Not a decade had passed by since that exciting date in which some partisans of the Democratic party had failed to achieve their dream of proclaiming a pig for president at the Chicago Democratic Convention, when the English teacher dragged his apathy to the pulpit where he used to get even more bored than usual while teaching the rooky college students the rules of how to write properly in English. Fed up by the monotony of endlessly repeating the properties of certain adjectives or the appropriate use of  verbs, tired of reviewing the same mistakes over and over and terribly nostalgic of his own youth, his mind wandered often going back to the old days when his life was an open promise.
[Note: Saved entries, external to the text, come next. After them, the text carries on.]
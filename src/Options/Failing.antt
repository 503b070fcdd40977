-- ===== src/Options/Failing.antt =====
-- A setter that fails changes nothing.
use secoli_sced.Action.{pure, bind, ◌>>=◌}
use secoli_sced.Base.{
  Bytes, ℕ, ◌≡◌, refl, Bool, true, false, not, Option, none, some, if◌then◌else◌, ℤ, pos, negsuc,
  minus_one, eqb_ℤ, is_neg,
}
use secoli_sced.Client.{
  Client, client_set_field_delimiter, client_set_output_enc, client_set_output_handler,
  client_set_timeout,
}
use secoli_sced.Options.Setters.{
  store_client, client_identity_option_setter, cod_state_option_setter, elapsed_time_option_setter,
  field_delimiter_option_setter, logging_option_setter, memory_consumption_option_setter,
  output_enc_option_setter, output_handler_option_setter, province_option_setter,
  search_constraint_option_setter, server_identity_option_setter,
  territorial_competence_option_setter, timeout_option_setter,
}
use secoli_sced.Sce.{sce_validate_cod_state}
use secoli_sced.Zipcode.{cod_state_unset}
use secoli_sced.Options.{meets, scope_client}
use secoli_sced.Options.Table.{
  OptionName, client_identity, cod_state, elapsed_time, field_delimiter, logging,
  memory_consumption, output_enc, output_handler, province, search_constraint, server_identity,
  territorial_competence, timeout, setter_of, option_set,
}
use secoli_sced.Search.{
  Glib, refresh_internal_state, search_set_cod_state, search_set_province,
  search_set_territorial_competence,
}
use secoli_sced.Session.{
  Session, session_set_cod_state, session_set_province, session_set_territorial_competence,
}
use secoli_sced.User.{User}
use secoli_sced.Utils.{string_to_boolean}
use secoli_sced.World.Kept.{Ends}
use secoli_sced.World.{World, Host, SessionArg, Do}
use secoli_sced.Xsqlite.{Sqlite}
use secoli_sced.Options.Clean.{
  FailsClean, clean, gets-IsReader, is_null-IsReader, pure-FailsClean, if-FailsClean,
  bind-FailsClean, store-FailsClean, write_scope-FailsClean,
}

module _ {G : Glib} where
  cod_state_clean :
      (t : Option (Session G)) (v : ℤ)
      → is_neg (session_set_cod_state G t v).0 ≡ true
      → (session_set_cod_state G t v).1 ≡ t
  unfolding session_set_cod_state
  cod_state_clean none v n = refl
  cod_state_clean (some t) v n = cc n

  province_clean :
      (t : Option (Session G)) (v : Bytes)
      → is_neg (session_set_province G t v).0 ≡ true
      → (session_set_province G t v).1 ≡ t
  unfolding session_set_province
  province_clean none v n = refl
  province_clean (some t) v n = cc n

  competence_clean :
      (t : Option (Session G)) (v : Bool)
      → is_neg (session_set_territorial_competence G t v).0 ≡ true
      → (session_set_territorial_competence G t v).1 ≡ t
  unfolding session_set_territorial_competence
  competence_clean none v n = refl
  competence_clean (some t) v n = cc n

module _ (S : Sqlite) (G : Glib) (H : Host G) where
  cod_state-FailsClean :
      (v : Bytes) (s : SessionArg G) (scope : ℕ)
      → FailsClean S G (cod_state_option_setter S G H v s scope)
  unfolding cod_state_option_setter search_set_cod_state refresh_internal_state
  cod_state-FailsClean v s scope =
      let z = sce_validate_cod_state (some v) in
      bind-FailsClean S G _ _ (is_null-IsReader S G s) λ missing.
        if-FailsClean S G missing _ _ (pure-FailsClean S G minus_one) (
          if-FailsClean S G (eqb_ℤ z cod_state_unset) _ _ (pure-FailsClean S G minus_one) (
            write_scope-FailsClean S G H s scope (λ t. session_set_cod_state G t z)
              (λ q. search_set_cod_state G q z) (λ t. cod_state_clean t z) (λ q. refl)))

  province-FailsClean :
      (v : Bytes) (s : SessionArg G) (scope : ℕ)
      → FailsClean S G (province_option_setter S G H v s scope)
  unfolding province_option_setter search_set_province refresh_internal_state
  province-FailsClean v s scope = bind-FailsClean S G _ _ (is_null-IsReader S G s) λ missing.
      if-FailsClean S G missing _ _ (pure-FailsClean S G minus_one) (
        write_scope-FailsClean S G H s scope (λ t. session_set_province G t v)
          (λ q. search_set_province G q v) (λ t. province_clean t v) (λ q. refl))

  competence-FailsClean :
      (v : Bytes) (s : SessionArg G) (scope : ℕ)
      → FailsClean S G (territorial_competence_option_setter S G H v s scope)
  unfolding territorial_competence_option_setter search_set_territorial_competence
      refresh_internal_state
  competence-FailsClean v s scope =
      let b = string_to_boolean v in
      bind-FailsClean S G _ _ (is_null-IsReader S G s) λ missing.
        if-FailsClean S G missing _ _ (pure-FailsClean S G minus_one) (
          if-FailsClean S G (not b) _ _ (pure-FailsClean S G minus_one) (
            write_scope-FailsClean S G H s scope (λ t. session_set_territorial_competence G t b)
              (λ q. search_set_territorial_competence G q b) (λ t. competence_clean t b)
              (λ q. refl)))

  field_delimiter-FailsClean :
      (v : Bytes) (s : SessionArg G) (scope : ℕ)
      → FailsClean S G (field_delimiter_option_setter S G H v s scope)
  unfolding field_delimiter_option_setter client_set_field_delimiter
  field_delimiter-FailsClean v s scope = search (clean, store-FailsClean)

  output_enc-FailsClean :
      (v : Bytes) (s : SessionArg G) (scope : ℕ)
      → FailsClean S G (output_enc_option_setter S G H v s scope)
  unfolding output_enc_option_setter client_set_output_enc
  output_enc-FailsClean v s scope = search (clean, store-FailsClean)

  output_handler-FailsClean :
      (v : Bytes) (s : SessionArg G) (scope : ℕ)
      → FailsClean S G (output_handler_option_setter S G H v s scope)
  unfolding output_handler_option_setter client_set_output_handler
  output_handler-FailsClean v s scope = search (clean, store-FailsClean) depth 14

  timeout_set :
      (u : Option User) (b : Bool) (c c' : Client G)
      → FailsClean S G (
          store_client S G H
            (pos 0, elim u [ some u' ↦ some c' | none ↦ if b then some c' else some c ]))
  timeout_set (some u) b c c' = store-FailsClean S G H c' (pos 0) refl
  timeout_set none true c c' = store-FailsClean S G H c' (pos 0) refl
  timeout_set none false c c' = store-FailsClean S G H c (pos 0) refl

  timeout-FailsClean :
      (v : Bytes) (s : SessionArg G) (scope : ℕ)
      → FailsClean S G (timeout_option_setter S G H v s scope)
  unfolding timeout_option_setter client_set_timeout
  timeout-FailsClean v s scope = bind-FailsClean S G _ _ (gets-IsReader S G _) λ c.
      if-FailsClean S G (meets scope scope_client) _ _ (timeout_set _ _ _ _)
        (pure-FailsClean S G minus_one)

  setter_of-FailsClean :
      (name : OptionName) (v : Bytes) (s : SessionArg G) (scope : ℕ)
      → FailsClean S G (setter_of S G H name v s scope)
  unfolding setter_of client_identity_option_setter elapsed_time_option_setter logging_option_setter
      memory_consumption_option_setter search_constraint_option_setter server_identity_option_setter
  setter_of-FailsClean client_identity v s scope = pure-FailsClean S G minus_one
  setter_of-FailsClean cod_state v s scope = cod_state-FailsClean v s scope
  setter_of-FailsClean elapsed_time v s scope = pure-FailsClean S G minus_one
  setter_of-FailsClean field_delimiter v s scope = field_delimiter-FailsClean v s scope
  setter_of-FailsClean logging v s scope = pure-FailsClean S G minus_one
  setter_of-FailsClean memory_consumption v s scope = pure-FailsClean S G minus_one
  setter_of-FailsClean output_enc v s scope = output_enc-FailsClean v s scope
  setter_of-FailsClean output_handler v s scope = output_handler-FailsClean v s scope
  setter_of-FailsClean province v s scope = province-FailsClean v s scope
  setter_of-FailsClean search_constraint v s scope = pure-FailsClean S G (pos 0)
  setter_of-FailsClean server_identity v s scope = pure-FailsClean S G minus_one
  setter_of-FailsClean territorial_competence v s scope = competence-FailsClean v s scope
  setter_of-FailsClean timeout v s scope = timeout-FailsClean v s scope

  abbrev in_short : ℤ → ℤ
  in_short status = if is_neg status then minus_one else pos 0

  in_short_neg : (a : ℤ) → is_neg (in_short a) ≡ true → is_neg a ≡ true
  in_short_neg (pos n) e = cc e
  in_short_neg (negsuc n) e = refl

  in_short-FailsClean :
      (m : Do S G ℤ) → FailsClean S G m → FailsClean S G (m >>= λ status. pure (in_short status))
  unfolding ◌>>=◌
  in_short-FailsClean m h = record { at = λ w. go w (m w) (h.at w) }
    where
      go :
          (w : World G S) (r : Option (ℤ × World G S))
          → Ends S G (λ a w'. is_neg a ≡ true → w' ≡ w) r
          → Ends S G (λ a w'. is_neg a ≡ true → w' ≡ w) (bind r (λ status. pure (in_short status)))
      go w none h = tt
      go w (some (a, w')) h = λ n. h (in_short_neg a n)

  option_set-FailsClean :
      (cmd value : Bytes) (s : SessionArg G) (scope : ℕ)
      → FailsClean S G (option_set S G H cmd value s scope)
  unfolding option_set
  option_set-FailsClean cmd value s scope =
      search (clean, in_short-FailsClean, setter_of-FailsClean) depth 14

  -- Where `option_set` fails, for whatever reason, it leaves the client, its session and all
  -- else as they were.
  pub option_set-unchanged :
      (cmd value : Bytes) (s : SessionArg G) (scope : ℕ) (w w' : World G S)
      → option_set S G H cmd value s scope w ≡ some (minus_one, w')
      → w' ≡ w
  option_set-unchanged cmd value s scope w w' e =
      rw e at ((option_set-FailsClean cmd value s scope).at w) refl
He decided one day to reincarnate into the young revolutionary that he used to be at a time when was able to break the rules to the point of even championing a porcine cause.  So with a grin on his face he turned his back on his perplexed students, he slammed the door and came back a few minutes with a paper American flag in his hand.   Overcoming his pupil’s astonishment tore it into what seemed to everybody like a hundred pieces.  At this point, his foxy eyes where shining with rage and joy. Then he threw the red, blue and white pieces of flag debris to the floor and he spat them. Outraged he gave his students an unquestionable order: “Now write!” The experiment resulted in such a shot of adrenaline that he became an addict to his own performance. He couldn’t wait for the next class so he could challenge surprise, frighten and instigate. Neither could his students. Many of them even started to actually learn how to write.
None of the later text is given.